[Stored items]
"""

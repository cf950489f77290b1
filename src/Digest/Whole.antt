-- ===== src/Digest/Whole.antt =====
-- Text that is a whole number of blocks is hashed block by block, and nothing of it waits.
use vader_langue.Prelude.{
  ℕ, suc, zero, ◌+◌, ◌-◌, ◌*◌, ◌%◌, ◌≡◌, ◌≢◌, ◌≤◌, ◌<◌, refl, ap, sym, ◌∙◌, arith, true, false, inl,
  inr, Bool-cases, [], ◌∷◌, ◌++◌, append_assoc, Bytes, ◌==◌, ==_iff, ne→==, length, ◌^◌, replicate,
  length-replicate, length-append, length-set, length-take, length-drop, set, take, drop, take-all,
  take-append-drop,
}
use vader_langue.Digest.{Pending, put_byte, absorb}
use vader_langue.Digest.Blocks.{hash_blocks, hash_blocks-suc, block_count, padded}
use vader_langue.Scram.Sha256.Buffer.{take-set}

-- The hash so far is `s`, and `p` waits in the buffer.
pub record Holds {S : Type 0} (b : Pending S) (s : S) (p : Bytes) : Type 0 where
  pub size : length b.bytes ≡ 64
  pub short : b.fill < 64
  pub waiting : length p ≡ b.fill
  pub held : take b.fill b.bytes ≡ p
  pub value : b.state ≡ s

not_equal : (a b : ℕ) → (a == b) ≡ false → a ≢ b
not_equal a b h = ground (arith, ==_iff a b)

to_equal : (a b : ℕ) → a ≡ b → (a == b) ≡ true
to_equal a b h = (==_iff a b).1 h

below_64 : (a b : ℕ) → a + b < 64 → a ≢ 64
below_64 a b h e = omega arith

plus_one : (n : ℕ) → n + 1 ≡ suc n
plus_one n = omega arith

module _ {S : Type 0} (transform : S → Bytes → S) where
  pub absorb-append :
      (b : Pending S) (s t : Bytes)
      → absorb transform b (s ++ t) ≡ absorb transform (absorb transform b s) t
  unfolding absorb
  absorb-append b [] t = refl
  absorb-append b (x ∷ s) t = absorb-append (put_byte transform b x) s t

  absorb_split :
      (k : ℕ) (b : Pending S) (m : Bytes)
      → absorb transform (absorb transform b (take k m)) (drop k m) ≡ absorb transform b m
  absorb_split k b m =
      sym (absorb-append b (take k m) (drop k m)) ∙ ap (absorb transform b) (take-append-drop k m)

  stored :
      (b : Pending S) (s : S) (p : Bytes) (x : ℕ)
      → Holds b s p
      → take (b.fill + 1) (set b.bytes b.fill x) ≡ p ++ x ∷ []
  stored b s p x h =
      ap (λ k. take k (set b.bytes b.fill x)) (plus_one b.fill)
      ∙ take-set b.bytes b.fill x (omega (arith, h.size, h.short))
      ∙ ap (λ l. l ++ x ∷ []) h.held

  put_byte_wait :
      (b : Pending S) (s : S) (p : Bytes) (x : ℕ)
      → Holds b s p
      → (b.fill + 1 == 64) ≡ false
      → Holds (put_byte transform b x) s (p ++ x ∷ [])
  unfolding put_byte
  put_byte_wait b s p x h e = rw e (record {
    size = length-set b.bytes b.fill x ∙ h.size;
    short = omega (arith, h.short, not_equal (b.fill + 1) 64 e);
    waiting = omega (arith, length-append p (x ∷ []), h.waiting);
    held = stored b s p x h;
    value = h.value;
  })

  put_byte_full :
      (b : Pending S) (s : S) (p : Bytes) (x : ℕ)
      → Holds b s p
      → (b.fill + 1 == 64) ≡ true
      → Holds (put_byte transform b x) (transform s (p ++ x ∷ [])) []
  unfolding put_byte
  put_byte_full b s p x h e =
      let size = length-set b.bytes b.fill x ∙ h.size in
      let whole : set b.bytes b.fill x ≡ p ++ x ∷ [] =
        sym (
          take-all (b.fill + 1) (set b.bytes b.fill x)
            (omega (arith, (==_iff (b.fill + 1) 64).0 e)))
        ∙ stored b s p x h in
      rw e (record {
        size = size;
        short = omega arith;
        waiting = refl;
        held = refl;
        value = ap (λ c. transform b.state c) whole ∙ ap (λ t. transform t (p ++ x ∷ [])) h.value;
      })

  absorb_fill :
      (m : Bytes) (b : Pending S) (s : S) (p : Bytes)
      → Holds b s p
      → length p + length m ≡ 64
      → 1 ≤ length m
      → Holds (absorb transform b m) (transform s (p ++ m)) []
  unfolding absorb
  absorb_fill [] b s p h e l = absurd (omega arith)
  absorb_fill (x ∷ []) b s p h e l =
      put_byte_full b s p x h (to_equal (b.fill + 1) 64 (omega (arith, h.waiting)))
  absorb_fill (x ∷ y ∷ m) b s p h e l = rw (sym (append_assoc p (x ∷ []) (y ∷ m))) (
      absorb_fill (y ∷ m) (put_byte transform b x) s (p ++ x ∷ [])
        (put_byte_wait b s p x h
          (ne→== (b.fill + 1) 64 (below_64 (b.fill + 1) (length m) (omega (arith, h.waiting)))))
        (omega (arith, length-append p (x ∷ []))) (omega arith))

  -- From an empty buffer, every block is transformed in turn.
  pub absorb-blocks :
      (n : ℕ) (m : Bytes) (b : Pending S) (s : S)
      → Holds b s []
      → length m ≡ n * 64
      → Holds (absorb transform b m) (hash_blocks transform n s m) []
  absorb-blocks zero [] b s h e = unfold absorb hash_blocks in h
  absorb-blocks zero (x ∷ m) b s h e = absurd (omega arith)
  absorb-blocks (suc n) m b s h e =
      let first = take 64 m in
      let size : length first ≡ 64 = omega (arith, length-take 64 m) in
      let done = absorb_fill first b s [] h (omega (arith, size)) (omega (arith, size)) in
      rw (sym (absorb_split 64 b m), hash_blocks-suc transform n s m)
        (absorb-blocks n (drop 64 m) (absorb transform b first) (transform s first) done
          (omega (arith, length-drop 64 m)))

  put_byte_fill :
      (b : Pending S) (x : ℕ) → b.fill < 64 → (put_byte transform b x).fill ≡ (b.fill + 1) % 64
  unfolding put_byte
  put_byte_fill b x h = elim (Bool-cases (b.fill + 1 == 64)) [
    | inl e ↦ rw e (omega (arith, (==_iff (b.fill + 1) 64).0 e))
    | inr e ↦ rw e (omega (arith, not_equal (b.fill + 1) 64 e))
  ]

  -- How many bytes wait behind a text.
  pub absorb_fill_mod :
      (m : Bytes) (b : Pending S)
      → b.fill < 64
      → (absorb transform b m).fill ≡ (b.fill + length m) % 64
  unfolding absorb
  absorb_fill_mod [] b h = omega arith
  absorb_fill_mod (x ∷ m) b h = omega (
    arith,
    put_byte_fill b x h,
    absorb_fill_mod m (put_byte transform b x) (omega (arith, put_byte_fill b x h)),
  )

pub Pending-eq :
    {S : Type 0} (p q : Pending S) → p.bytes ≡ q.bytes → p.fill ≡ q.fill → p.state ≡ q.state → p ≡ q
Pending-eq p q h k l = cc

-- The number of zeros that a text and its byte 0x80 need before its length.
unfoldable pub zero_count : ℕ → ℕ
zero_count len = 64 * block_count len - len - 9

pub zero_count_lem : (len : ℕ) → ((len + 1 + zero_count len) % 64 ≡ 56) × (zero_count len < 64)
unfolding zero_count
zero_count_lem len = (omega arith, omega arith)

pub length-padded :
    (encode : ℕ → Bytes) (s : Bytes)
    → ((n : ℕ) → length (encode n) ≡ 8)
    → length (padded encode s) ≡ block_count (length s) * 64
length-padded encode s h = omega (
  arith,
  length-append s (
      0x80
      ∷ (replicate (64 * block_count (length s) - length s - 9) 0
          ++ encode (length s * 8 % 2 ^ 64))),
  length-append (replicate {A = ℕ} (64 * block_count (length s) - length s - 9) 0)
      (encode (length s * 8 % 2 ^ 64)),
  length-replicate {A = ℕ} (64 * block_count (length s) - length s - 9) 0,
  h (length s * 8 % 2 ^ 64),
)
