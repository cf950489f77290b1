-- ===== src/Fmt.antt =====
-- runtime/vader_fmt.c. How a double is printed is an argument.
mod Tests
use mathlib.Core.Path.{subst}
use vader_langue.Prelude.{
  ℕ, ◌⊎◌, inl, inr, Bool-cases, ◌+◌, ◌-◌, ◌≡◌, ◌≤◌, refl, ap, ◌∙◌, Bool, true, false, Option, none,
  some, List, [], ◌∷◌, ◌++◌, Bytes, ℤ, pos, negsuc, codes, arith, ltb, if◌then◌else◌, length,
  replicate, take, drop, length-append, length-replicate, drop-length-append,
}
use vader_langue.Libc.{print_int}

unfoldable pub from_int : ℤ → Bytes
from_int n = print_int n

-- `print_g` is what `%g` prints; the array has 32 bytes.
unfoldable pub from_float : {D : Type 0} → (D → Bytes) → D → Bytes
from_float print_g f = take 31 (print_g f)

unfoldable pub from_bool : Bool → Bytes
from_bool b = if b then codes "true" else codes "false"

-- `(ch && ch[0]) ? ch[0] : ' '`
abbrev pub fill : Option Bytes → ℕ
fill none = 32
fill (some []) = 32
fill (some (c ∷ s)) = c

-- `width > n ? width - n : 0`
abbrev pub pad : ℤ → ℕ → ℕ
pad (pos w) n = if ltb n w then w - n else 0
pad (negsuc w) n = 0

unfoldable pub pad_left : Bytes → ℤ → Option Bytes → Bytes
pad_left s width ch = replicate (pad width (length s)) (fill ch) ++ s

abbrev pub width_of : ℤ → ℕ
width_of (pos w) = w
width_of (negsuc w) = 0

pad_lem : (width : ℤ) (n : ℕ) → (width_of width ≤ pad width n + n) × (n ≤ pad width n + n)
pad_lem (pos w) n = ground arith
pad_lem (negsuc w) n = omega arith

pad_exact : (width : ℤ) (n : ℕ) → (pad width n ≡ 0) ⊎ (pad width n + n ≡ width_of width)
pad_exact (pos w) n = elim (Bool-cases (ltb n w)) [
  | inl e ↦ inr (ground arith)
  | inr e ↦ inl (rw e)
]
pad_exact (negsuc w) n = inl refl

-- Padding on the left gives at least `width` bytes, no more than that where the string was shorter,
-- with the string at the end and only fill bytes before it.
pub pad_left_lem :
    (s : Bytes) (width : ℤ) (ch : Option Bytes)
    → let k = pad width (length s) in
      (length (pad_left s width ch) ≡ k + length s)
      × (width_of width ≤ length (pad_left s width ch))
      × ((k ≡ 0) ⊎ (k + length s ≡ width_of width))
      × (drop k (pad_left s width ch) ≡ s)
unfolding pad_left
pad_left_lem s width ch =
    let k = pad width (length s) in
    let front = replicate k (fill ch) in
    let e : length (front ++ s) ≡ k + length s =
      omega (arith, length-append front s, length-replicate k (fill ch)) in
    (
      e,
      rw e (pad_lem width (length s)).0,
      pad_exact width (length s),
      subst (λ n. drop n (front ++ s) ≡ s) (length-replicate k (fill ch))
          (drop-length-append front s),
    )
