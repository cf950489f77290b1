-- ===== src/Fmt/Tests.antt =====
-- Runs of the model of runtime/vader_fmt.c.
use vader_langue.Prelude.{◌≡◌, refl, negsuc, codes}
use vader_langue.Libc.{print_int}
use vader_langue.Fmt.{from_int}

from_int_min : from_int (negsuc 9223372036854775807) ≡ codes "-9223372036854775808"
unfolding from_int print_int
from_int_min = refl
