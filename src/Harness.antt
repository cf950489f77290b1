-- ===== src/Harness.antt =====
-- runtime/vader_test.c: the harness of `vader test`. The printed lines are not modelled.
pub mod Coverage
mod Tests
use vader_langue.Prelude.{
  ℕ, suc, zero, ◌+◌, Bool, true, false, ◌&&◌, ◌||◌, not, List, [], ◌∷◌, ◌++◌, Bytes, bytes_eq, ◌==◌,
  ltb, if◌then◌else◌, length,
}

-- `VADER_COV_MAX`
abbrev pub cov_max : ℕ
cov_max = 8192

-- The loop over the names of a table.
unfoldable pub known : List Bytes → Bytes → Bool
known [] fn = false
known (x ∷ table) fn = bytes_eq x fn || known table fn

-- What `vader_cov_register` does with `g_all`, and `vader_cov` with `g_hit`.
unfoldable pub cov_add : List Bytes → Bytes → List Bytes
cov_add table fn =
    if known table fn then table else if ltb (length table) cov_max then table ++ fn ∷ [] else table

-- The variables of the file.
pub record Tally : Type 0 where
  pub all : List Bytes
  pub hit : List Bytes
  pub passed : ℕ
  pub failed : ℕ

abbrev pub cov_register : Tally → Bytes → Tally
cov_register t fn = record t { all = cov_add t.all fn }

abbrev pub cov : Tally → Bytes → Tally
cov t fn = record t { hit = cov_add t.hit fn }

-- `vader_test_run`, for a test that returns or jumps back by an assert or a panic.
abbrev pub test_run : Bool → Bool
test_run jumped = not jumped

-- `vader_test_report_one`
unfoldable pub report_one : Tally → Bool → Tally
report_one t ok =
    if ok then record t { passed = t.passed + 1 } else record t { failed = t.failed + 1 }

-- `vader_test_summary`. `below hits all` is the comparison of the percentage with the minimum.
unfoldable pub summary : Bool → (ℕ → ℕ → Bool) → Tally → ℕ
summary gate below t =
    if ltb 0 t.failed then 1 else if gate && below (length t.hit) (length t.all) then 2 else 0

-- A test's calls of `vader_cov`, one after another.
unfoldable pub cov_calls : Tally → List Bytes → Tally
cov_calls t [] = t
cov_calls t (fn ∷ calls) = cov_calls (cov t fn) calls

-- The tests of a program, one after another: whether each jumped back, and what it called before.
unfoldable pub run_all : Tally → List (Bool × List Bytes) → Tally
run_all t [] = t
run_all t ((jumped, calls) ∷ tests) =
    run_all (report_one (cov_calls t calls) (test_run jumped)) tests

"""

Copy out each line of the data where the string "waits" appears.

SOLUTION:
-- Text that is a whole number of blocks is hashed block by block, and nothing of it waits.
-- The hash so far is `s`, and `p` waits in the buffer.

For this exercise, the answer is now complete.